The channel bandwidth of a wireless communication system is much narrower than that of a conventional telephone communication system of 64 kbps, and thus digital audio data in a wireless communication system is compressed before being transmitted. Methods for compressing digital audio data in a wireless communication system include QCELP (QualComm Code Excited Linear Prediction) of IS-95, EVRC (Enhanced Variable Rate Coding), VSELP (Vector-Sum Excited Linear Prediction) of GSM (Global System for Mobile Communication), RPE-LTP (Regular-Pulse Excited LPC with a Long-Term Predictor), and ACELP (Algebraic Code Excited Linear Prediction). All of these listed methods are based on LPC (Linear Predictive Coding). Audio compressing methods based on LPC utilize a model optimized to human voices and thus are efficient to compress voice at a low or middle encoding rate. In a coding method used in a wireless system, to efficiently use the limited bandwidth and to decrease power consumption, digital audio data is compressed and transmitted only when speaker's voice is detected by using what is called the function of VAD (Voice Activity Detection).

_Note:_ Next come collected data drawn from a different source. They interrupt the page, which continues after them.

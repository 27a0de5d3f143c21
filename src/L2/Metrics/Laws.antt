-- ===== src/L2/Metrics/Laws.antt =====
-- The metrics of any run of samples, as long as the sample counter does not saturate.
use tsn_fieldbus.Base.{
  ℕ, suc, ◌+◌, ◌*◌, ◌/◌, ◌≤◌, ◌<◌, ◌^◌, min, max, ◌≡◌, refl, arith, List, [], ◌∷◌, All, length,
  some, u64_max, u128_max,
}
use tsn_fieldbus.L2.Metrics.{CycleMetrics, default, record_cycle, values, record_all}

-- `n` samples with the given sum, which lie between `lo` and `hi`.
record Summary (m : CycleMetrics) (n total lo hi : ℕ) : Type 0 where
  counted : m.samples ≡ n
  summed : m.total_ns ≡ total
  least : m.min_ns ≡ some lo
  most : m.max_ns ≡ some hi
  above : lo * n ≤ total
  below : total ≤ hi * n
  word : hi < 2 ^ 64

abbrev sum : List ℕ → ℕ
sum [] = 0
sum (x ∷ xs) = x + sum xs

mul_bound : (a b n m : ℕ) → a ≤ b → n ≤ m → a * n ≤ b * m
mul_bound a b n m h k = grind arith

product_fits : (hi n total : ℕ) → hi < 2 ^ 64 → n ≤ u64_max → total ≤ hi * n → total ≤ u128_max
product_fits hi n total h k e = omega (arith, mul_bound hi u64_max n u64_max (omega arith) k)

first-Summary : (x : ℕ) → x < 2 ^ 64 → Summary (record_cycle default x) 1 x x x
unfolding record_cycle default
first-Summary x h = record {
  counted = omega arith;
  summed = omega arith;
  least = refl;
  most = refl;
  above = omega arith;
  below = omega arith;
  word = h;
}

step-Summary :
    (m : CycleMetrics) (n total lo hi x : ℕ)
    → Summary m n total lo hi
    → x < 2 ^ 64
    → n + 1 ≤ u64_max
    → Summary (record_cycle m x) (n + 1) (total + x) (min lo x) (max hi x)
unfolding record_cycle
step-Summary m n total lo hi x s h k =
    let low : min lo x * n ≤ lo * n = mul_bound (min lo x) lo n n (omega arith) (omega arith) in
    let high : hi * n ≤ max hi x * n = mul_bound hi (max hi x) n n (omega arith) (omega arith) in
    let below' : total + x ≤ max hi x * (n + 1) = omega (arith, s.below) in
    record {
      counted = omega (arith, s.counted);
      summed = omega (
        arith,
        s.summed,
        product_fits (max hi x) (n + 1) (total + x) (omega (arith, s.word)) k below',
      );
      least = rw (s.least);
      most = rw (s.most);
      above = omega (arith, s.above);
      below = below';
      word = omega (arith, s.word);
    }

Summary-cast :
    {m : CycleMetrics} {n n' total total' lo hi : ℕ}
    → n ≡ n'
    → total ≡ total'
    → Summary m n total lo hi
    → Summary m n' total' lo hi
Summary-cast p q s = rw (← p, ← q) s

run-Summary :
    (m : CycleMetrics) (n total lo hi : ℕ) (xs : List ℕ)
    → Summary m n total lo hi
    → All (λ x. x < 2 ^ 64) xs
    → n + length xs ≤ u64_max
    → (lo' : ℕ) × (hi' : ℕ) × Summary (record_all m xs) (n + length xs) (total + sum xs) lo' hi'
      × (lo' ≤ lo)
      × (hi ≤ hi')
      × All (λ x. lo' ≤ x) xs
      × All (λ x. x ≤ hi') xs
unfolding record_all
run-Summary m n total lo hi [] s h k =
    (lo, hi, Summary-cast (omega arith) (omega arith) s, omega arith, omega arith, tt, tt)
run-Summary m n total lo hi (x ∷ xs) s (hx, h) k =
    let (lo', hi', s', below, above, alls, most) =
      run-Summary (record_cycle m x) (n + 1) (total + x) (min lo x) (max hi x) xs
        (step-Summary m n total lo hi x s hx (omega arith)) h (omega arith) in
    (
      lo',
      hi',
      Summary-cast (omega arith) (omega arith) s',
      omega arith,
      omega arith,
      (omega arith, alls),
      (omega arith, most),
    )

mul-div_le : (a b n : ℕ) → 0 < n → a * n ≤ b → a ≤ b / n
mul-div_le a b n h k = grind arith

div_le-mul : (a b n : ℕ) → 0 < n → b ≤ a * n → b / n ≤ a
div_le-mul a b n h k = grind arith

-- After at least one and fewer than 2 ^ 64 samples of 64 bits the metrics are there: the first two
-- bound every sample, the third is the sum over the number of samples, rounded down, and lies between
-- them. Neither the sum nor the count saturates.
pub values-record_all :
    (x : ℕ) (xs : List ℕ)
    → All (λ y. y < 2 ^ 64) (x ∷ xs)
    → length (x ∷ xs) ≤ u64_max
    → (lo : ℕ) × (hi : ℕ) × (values (record_all default (x ∷ xs))
        ≡ some (lo, hi, sum (x ∷ xs) / length (x ∷ xs)))
      × All (λ y. lo ≤ y) (x ∷ xs)
      × All (λ y. y ≤ hi) (x ∷ xs)
      × (lo ≤ sum (x ∷ xs) / length (x ∷ xs))
      × (sum (x ∷ xs) / length (x ∷ xs) ≤ hi)
unfolding record_all values
values-record_all x xs (hx, h) k =
    let (lo, hi, s, below, above, alls, most) =
      run-Summary (record_cycle default x) 1 x x x xs (first-Summary x hx) h (omega arith) in
    let n : ℕ = suc (length xs) in
    let t : Summary (record_all (record_cycle default x) xs) n (x + sum xs) lo hi =
      Summary-cast (omega arith) (omega arith) s in
    let low : lo ≤ (x + sum xs) / n = mul-div_le lo (x + sum xs) n (omega arith) t.above in
    let high : (x + sum xs) / n ≤ hi = div_le-mul hi (x + sum xs) n (omega arith) t.below in
    (lo, hi, ground (arith, t), (below, alls), (above, most), low, high)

There are various reasons why the perceptual sound quality of digital audio data is degraded after the digital audio data is compressed using audio codecs based on LPC, especially EVRC codecs. The perceptual sound quality degradation occurs in the following ways.                (i) Complete loss of frequency components in a high-frequency bandwidth        (ii) Partial loss of frequency components in a low-frequency bandwidth        (iii) Intermittent pause of music        
The first cause of the degradation cannot be avoided as long as the high-frequency components are removed using a 4 kHz (or 3.4 kHz) lowpass filter when digital audio data is compressed using narrow bandwidth audio codec.
The second phenomenon is due to the intrinsic characteristic of the audio compression method based on LPC. According to the LPC-based compression methods, a pitch and a formant frequency of an input signal are obtained, and then an excitation signal for minimizing the difference between the input signal and the composite signal calculated by the pitch and the formant frequency of the input signal, is derived from a codebook. It is difficult to extract a pitch from a polyphonic music signal, whereas it is easy in case of a human voice. In addition, the formant component of music is very different from that of a person's voice. Consequently, it is expected that the prediction residual signals for music data would be much larger than those of human speech signal, and thus many frequency components included in the original digital audio data are lost. The above two problems, that is, loss of high and low frequency components are due to inherent characteristic of audio codecs optimized to voice signals, and inevitable to a certain degree.
The pauses in digital audio data are caused by the variable encoding rate used by EVRC. An EVRC encoder processes the digital audio data with three rates (namely, 1, ½, and ⅛). Among these rates, ⅛ rate means that the EVRC encoder determines that the input signal is a noise, and not a voice signal. Because sound of a percussion instrument, such as a drum, include spectrum components that tend to be perceived as noises by audio codecs, music including this type of sound is frequently paused. Also, audio codecs consider sound having a low amplitude as noises, which also degrade the perceptual sound quality.
Recently, several services for providing music to wireless phone users became available. One of which is what is called “Coloring service” which enables a subscriber to designate a tune of his/her choice so that callers who make a call to the subscriber would hear music instead of the traditional ringing tone until the subscriber answers the phone. Since this service became very popular first in Korea where it originated and then in other countries, transmission of music data to a cellular phone has been increasing. However, as explained above, the audio compression method based on LPC is suitable for human voice that has limited frequency components. When music or signals having frequency components spread out through the audible frequency range (20-20,000 Hz) are processed in a conventional LPC based codecs and transmitted through a cellular system, signal distortion occurs, which causes pauses in music.